# A bunch of Questions for Culinary Students (Past and Present)



## kungfulincoln (Apr 27, 2011)

Hello!

I am new to this site and was referred to this forum by the General thread.

Basically, I am thinking of attending a Culinary School this coming fall, and I just have a list of questions here that I would like to ask those of you who have gone through, and graduated, a Culinary School.

I don't know if this matters or not, but the school I'm thinking about taking the Culinary course in is George Brown College that's located in downtown Toronto, Ontario, Canada. If any of you have gone to the chef school here, or you just have heard some interesting things about it (good or bad), please don't hesitate to inform me any information you may have about this school.

Now for the questions;

1. What can I expect the environment to be like at Chef School? That is, is it a very stressful atmosphere to be working in? Or is there at least some aspect of "fun" involved? 
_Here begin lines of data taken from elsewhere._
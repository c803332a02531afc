-- ===== src/OpenApi/Protos/Shapes.antt =====
-- The schemas of messages as functions of their descriptors, whatever the table was, and that
-- `messageRef` gives them.
use grpc_composition.Common.{
  ℕ, zero, suc, ◌≡◌, refl, sym, ap, inl, inr, List, [], ◌∷◌, Text, codes, if◌then◌else◌,
  Option-cases, Bool-cases, or_else,
}
use mathlib.Core.Option.{some-ne-none}
use mathlib.Core.Path.{subst}
use grpc_composition.Host.{Host}
use grpc_composition.OpenApi.Schema.{
  Schema, Properties, no_properties, typed, any_value, enum_schema, set_property, object_schema,
  array_schema, map_schema, well_known_schema,
}
use grpc_composition.OpenApi.Components.{Step, pure, reference}
use grpc_composition.OpenApi.Components.Ensures.{
  Ensures, Ensures-pure, Ensures-bind, Ensures-component,
}
use grpc_composition.OpenApi.Protos.{
  Kind, Protoreflect, enum_value_names, kind_schema, singular_schema, field_schema, add_fields,
  message_schema, message_ref, bool_kind, enum_kind, int32_kind, sint32_kind, uint32_kind,
  int64_kind, sint64_kind, uint64_kind, sfixed32_kind, fixed32_kind, float_kind, sfixed64_kind,
  fixed64_kind, double_kind, string_kind, bytes_kind, message_kind, group_kind, unnamed_kind,
}

module _ {H : Host} (R : Protoreflect H) (opts : H.MarshalOptions) where
  -- A well-known schema, or a reference to the full name.
  abbrev pub ref_shape : R.MessageDescriptor → Schema
  ref_shape md = or_else (well_known_schema (R.full_name md)) (reference (R.full_name md))

  abbrev pub kind_shape : Kind → R.FieldDescriptor → Schema
  kind_shape bool_kind fd = typed (codes "boolean") []
  kind_shape int32_kind fd = typed (codes "integer") (codes "int32")
  kind_shape sint32_kind fd = typed (codes "integer") (codes "int32")
  kind_shape sfixed32_kind fd = typed (codes "integer") (codes "int32")
  kind_shape uint32_kind fd = typed (codes "integer") []
  kind_shape fixed32_kind fd = typed (codes "integer") []
  kind_shape int64_kind fd = typed (codes "string") (codes "int64")
  kind_shape sint64_kind fd = typed (codes "string") (codes "int64")
  kind_shape sfixed64_kind fd = typed (codes "string") (codes "int64")
  kind_shape uint64_kind fd = typed (codes "string") (codes "int64")
  kind_shape fixed64_kind fd = typed (codes "string") (codes "int64")
  kind_shape float_kind fd = typed (codes "number") (codes "float")
  kind_shape double_kind fd = typed (codes "number") (codes "double")
  kind_shape string_kind fd = typed (codes "string") []
  kind_shape bytes_kind fd = typed (codes "string") (codes "byte")
  kind_shape enum_kind fd =
      if R.use_enum_numbers opts
      then typed (codes "integer") (codes "int32")
      else enum_schema (enum_value_names (R.enum_type fd))
  kind_shape message_kind fd = ref_shape (R.message_type fd)
  kind_shape group_kind fd = ref_shape (R.message_type fd)
  kind_shape (unnamed_kind _) fd = any_value

  abbrev pub singular_shape : R.FieldDescriptor → Schema
  singular_shape fd = kind_shape (R.kind fd) fd

  abbrev pub field_shape : R.FieldDescriptor → Schema
  field_shape fd =
      if R.is_map fd
      then map_schema (singular_shape (R.map_value fd))
      else if R.is_list fd
      then array_schema (singular_shape fd)
      else singular_shape fd

  abbrev pub field_name : R.FieldDescriptor → Text
  field_name fd = if R.use_proto_names opts then R.text_name fd else R.json_name fd

  unfoldable pub add_shapes : List R.FieldDescriptor → Properties → Properties
  unfolding set_property
  add_shapes [] props = props
  add_shapes (fd ∷ fds) props = add_shapes fds (set_property (field_name fd) (field_shape fd) props)

  abbrev pub message_shape : R.MessageDescriptor → Schema
  message_shape md = object_schema (add_shapes (R.fields md) no_properties)

  module _ (Made : Text → Schema → Type 0)
      (made : (md : R.MessageDescriptor) → Made (R.full_name md) (message_shape md)) where
    module _ (call : R.MessageDescriptor → Step Schema)
        (calls : (md : R.MessageDescriptor) → Ensures Made (λ s. s ≡ ref_shape md) (call md)) where
      kind_schema-shape :
          (k : Kind) (fd : R.FieldDescriptor)
          → Ensures Made (λ s. s ≡ kind_shape k fd) (kind_schema R opts call k fd)
      unfolding kind_schema
      kind_schema-shape message_kind fd = calls (R.message_type fd)
      kind_schema-shape group_kind fd = calls (R.message_type fd)
      kind_schema-shape _ fd = Ensures-pure Made _ refl

      field_schema-shape :
          (fd : R.FieldDescriptor)
          → Ensures Made (λ s. s ≡ field_shape fd) (field_schema R opts call fd)
      unfolding field_schema singular_schema
      field_schema-shape fd = elim (Bool-cases (R.is_map fd)) [
        | inl e ↦
            rw (field_schema, e)
              (Ensures-bind Made (singular_schema R opts call (R.map_value fd))
                (λ s. pure (map_schema s))
                (kind_schema-shape (R.kind (R.map_value fd)) (R.map_value fd))
                (λ s is. Ensures-pure Made (map_schema s) (ap map_schema is)))
        | inr e ↦
            rw (field_schema, e)
              (Ensures-bind Made (singular_schema R opts call fd)
                (λ s. if R.is_list fd then pure (array_schema s) else pure s)
                (kind_schema-shape (R.kind fd) fd)
                (λ s is. elim (Bool-cases (R.is_list fd)) [
                  | inl l ↦ rw l (Ensures-pure Made (array_schema s) (ap array_schema is))
                  | inr l ↦ rw l (Ensures-pure Made s is)
                ]))
      ]

      add_fields-shape :
          (fds : List R.FieldDescriptor) (props : Properties)
          → Ensures Made (λ p. p ≡ add_shapes fds props) (add_fields R opts call fds props)
      unfolding add_fields add_shapes
      add_fields-shape [] props = Ensures-pure Made props refl
      add_fields-shape (fd ∷ fds) props =
          Ensures-bind Made (field_schema R opts call fd) _ (field_schema-shape fd) (λ s is.
            rw is (add_fields-shape fds (set_property (field_name fd) (field_shape fd) props)))

      message_schema-shape :
          (md : R.MessageDescriptor)
          → Ensures Made (λ s. s ≡ message_shape md) (message_schema R opts call md)
      unfolding message_schema
      message_schema-shape md =
          Ensures-bind Made (add_fields R opts call (R.fields md) no_properties) _
            (add_fields-shape (R.fields md) no_properties)
            (λ props is. Ensures-pure Made (object_schema props) (ap object_schema is))

    message-Made :
        (md : R.MessageDescriptor) {m : Step Schema}
        → Ensures Made (λ s. s ≡ message_shape md) m
        → Ensures Made (Made (R.full_name md)) m
    message-Made md h = record {
      ensured = λ st r e.
          let (grows, is) = h.ensured st r e in
          (grows, subst (Made (R.full_name md)) (sym is) (made md));
    }

    pub message_ref-shape :
        (fuel : ℕ) (md : R.MessageDescriptor)
        → Ensures Made (λ s. s ≡ ref_shape md) (message_ref R opts fuel md)
    unfolding message_ref
    message_ref-shape zero md = record { ensured = λ st r e. absurd (some-ne-none r (sym e)) }
    message_ref-shape (suc fuel) md = record {
      ensured = λ st r e. elim (Option-cases (well_known_schema (R.full_name md))) [
        | inr (s, known) ↦ rw known (
            (Ensures-pure Made {Q = λ t. t ≡ s} s refl).ensured st r (rw (message_ref, known) at e))
        | inl ordinary ↦ rw ordinary (
            (Ensures-component Made (R.full_name md)
                (message_schema R opts (message_ref R opts fuel) md)
                (message-Made md (
                  message_schema-shape (message_ref R opts fuel) (message_ref-shape fuel)
                    md))).ensured
              st r (rw (message_ref, ordinary) at e))
      ];
    }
2. What can I expect the teachers to be like? I was at an information session earlier this month, and one of the teachers seemed really to be enjoying his job, and a career in being a chef. Obviously, the atmosphere has a certain level of professionalism to it, but I need a teacher that is involved enough to make me be the best Chef that I can be. Do they take cooking to be over-the-top serious? Or do they have some level of letting you enjoy cooking for what it is?

3. What can I expect my classmates to be like? Generally, do culinary students straight out of high school have some level of professionalism about doing well in the course and learning as much as they can? Or are most of them going to be idiots (class clowns)?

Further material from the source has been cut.